Поражение николаевской системы
И вот, после появления Белокриницкой иерархии, «дальнейшая борьба не могла окончиться победой хотя бы потому, что необходимость в беглых от господствующей Церкви клириках у старообрядцев отпала. Чем дальше, тем лучше осознавал это и митрополит Филарет (Дроздов), идейный вдохновитель борьбы с расколом». В 1863 г. он писал: «Надобно сказать правду, что и мы не довольно тщательно изучали и употребляли искусство духовно-нравственного врачевания раскольников, охотнее опираясь на помощь власти». И Сергей Фирсов резюмирует: «По существу, это было признание собственного поражения, поражения всей николаевской системы борьбы с расколом, в которой политическая ангажированность властей взяла верх над пониманием религиозно-народной стороны русского старообрядчества… Стремление к унификации, к сведению религиозной жизни всех православных империи под единый знаменатель в николаевскую эпоху не привело к торжеству православного единства». Исчерпывающий вывод: сколько ни оправдывай зло, добра не выйдет. Мнимая целесообразность не оправдала средств, а только усугубила и без того непростую ситуацию. И это не случайность, а закономерность.

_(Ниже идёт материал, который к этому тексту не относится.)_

-- ===== src/Ddl/Wildcard.antt =====
-- The lowering of a wildcard source to one transition for each state chooses the same transitions.
use sig_topo.Base.{
  String, Bool, true, false, ◌≡◌, refl, ap, ◌∙◌, Option, none, some, List, [], ◌∷◌, ◌++◌, map, find,
  contains, ◌==◌, eq_refl, arith, Bool-cases, Option-cases, inl, inr,
}
use mathlib.Core.Option
use sig_topo.Schema.{TransitionDef}
use sig_topo.Engine.Send.{transition_matches, state_matches, find_transition}
use sig_topo.Ddl.Ast.{TransDecl}
use sig_topo.Ddl.Codegen.{transition_from, emit_transition, emit_transitions}

-- The transition, whatever its source is.
abbrev pub sourceless : TransitionDef → TransitionDef
sourceless t = record t { from = "" }

abbrev pub chosen : Option TransitionDef → Option TransitionDef
chosen = Option.map sourceless

find-append :
    {A : Type 0} (test : A → Bool) (xs ys : List A)
    → find test (xs ++ ys) ≡ elim (find test xs) [ none ↦ find test ys | some x ↦ some x ]
find-append test [] ys = refl
find-append test (x ∷ xs) ys = elim (Bool-cases (test x)) [
  | inl here ↦ rw here refl
  | inr other ↦ rw other (find-append test xs ys)
]

module _ (id event current : String) where
  -- For an event that is not the transition's, no state's copy matches.
  no_copy :
      (tr : TransDecl) (states : List String)
      → (tr.event == event) ≡ false
      → find (transition_matches id event current) (map (transition_from id tr) states) ≡ none
  no_copy tr [] h = refl
  no_copy tr (s ∷ states) h = rw (eq_refl, h) (no_copy tr states h)

  -- For the transition's event, some copy matches, if the current state is declared.
  some_copy :
      (tr : TransDecl) (states : List String)
      → (tr.event == event) ≡ true
      → contains current states ≡ true
      → chosen (find (transition_matches id event current) (map (transition_from id tr) states))
        ≡ some (sourceless (transition_from id tr "*"))
  some_copy tr [] h inside = absurd (cc inside)
  some_copy tr (s ∷ states) h inside = elim (Bool-cases (state_matches s current)) [
    | inl matches ↦ rw (eq_refl, h, matches) refl
    | inr other ↦
        let inside' : contains current states ≡ true = ground (arith, inside, other) in
        rw (eq_refl, h, other) (some_copy tr states h inside')
  ]

  -- In a declared state, the lowered transitions of a signal give the same choice for an event as
  -- the written ones, in which a wildcard source stands for every state: none in both, or transitions
  -- that differ in the source at most.
  pub emit_transitions-find :
      (states : List String) (trs : List TransDecl)
      → contains current states ≡ true
      → chosen (find_transition id event current (emit_transitions id states trs))
        ≡ chosen (find_transition id event current (map (λ tr. transition_from id tr tr.from) trs))
  unfolding emit_transitions emit_transition find_transition
  emit_transitions-find states [] inside = refl
  emit_transitions-find states (tr ∷ trs) inside =
      let rest = emit_transitions-find states trs inside in
      let test = transition_matches id event current in
      elim (Bool-cases (tr.from == "*")) [
        | inr other ↦ elim (Bool-cases (tr.event == event)) [
          | inr different ↦ rw (other, eq_refl, different) rest
          | inl same ↦ elim (Bool-cases (tr.from == current)) [
            | inl here ↦ rw (other, eq_refl, same, here) refl
            | inr elsewhere ↦ rw (other, eq_refl, same, elsewhere, other) rest
          ]
        ]
        | inl star ↦ elim (Bool-cases (tr.event == event)) [
          | inr different ↦
              rw (star, different, eq_refl)
                (ap chosen (
                    find-append test (map (transition_from id tr) states) _
                    ∙ rw (no_copy tr states different) refl)
                  ∙ rest)
          | inl same ↦
              let copy = some_copy tr states same inside in
              elim (Option-cases (find test (map (transition_from id tr) states))) [
                | inl missing ↦ absurd (cc (rw missing at copy))
                | inr (x, found) ↦
                    let first =
                      find-append test (map (transition_from id tr) states)
                        (emit_transitions id states trs) in
                    let hit : find test
                          (map (transition_from id tr) states ++ emit_transitions id states trs)
                        ≡ some x =
                      first ∙ rw found refl in
                    let copied = ap chosen hit ∙ (rw found at copy) in
                    elim (Bool-cases (tr.from == current)) [
                      | inl here ↦ rw (star, same, eq_refl, here) copied
                      | inr elsewhere ↦ rw (star, same, eq_refl, elsewhere) copied
                    ]
              ]
        ]
      ]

«Чем им делают больнее, тем они сильнее», — пел Окуджава. Начиная с времен первых мучеников, через многочисленные гонения, вплоть до сегодняшней ситуации с Украинской православной церковью, очень часто гонители христиан обосновывали свою свирепость к жертвам их недостаточной лояльностью правителю, непослушанием властям, наличием иностранного влияния и тому подобными, т.е. чисто внешними, не духовными причинами. Николай I видел (и в целом небезосновательно) в создании Белокриницкой иерархии демарш враждебной Австро-Венгрии. А теперь в тех же регионах, что раньше входили в империю Габсбургов, запрещают и репрессируют уже одну из православных деноминаций, за то лишь, что она связана с Москвой — даже не административно, а лишь духовно. Вообще параллелей с той эпохой напрашивается множество. История учит, что человеческие сообщества несовершенны и, похоже, гонения не просто имеют быть всегда, но и обладают явной тенденцией к нарастанию. По вере христиан, и этому учил Сам Спаситель, в последние времена гонения будут особо жестокими, сопровождающимися чудовищной ложью, то есть обоснованиями «справедливости и целесообразности» этой человеконенавистнической практики. Это не значит, что всякий, кого гонят, страдает не по своим винам, а именно за Христа, обещавшего: «Претерпевый до конца — той спасен будет» (Мф.10:22). Бывает и будет всякое. Но вот гонители, чем бы их апологеты ни оправдывали творимое зло, всегда, хотя бы отчасти, подобны историческим Нерону, Диоклетиану, Николаю, Ленину, Сталину, а в пределе — и самому «сыну погибели» последних времен. Но победят в эсхатологической перспективе совсем не гонители антихристова духа, а «изгнании правды ради». И среди них, в последнем «малом стаде», будут, конечно, и потомки страдальцев за древлее благочестие.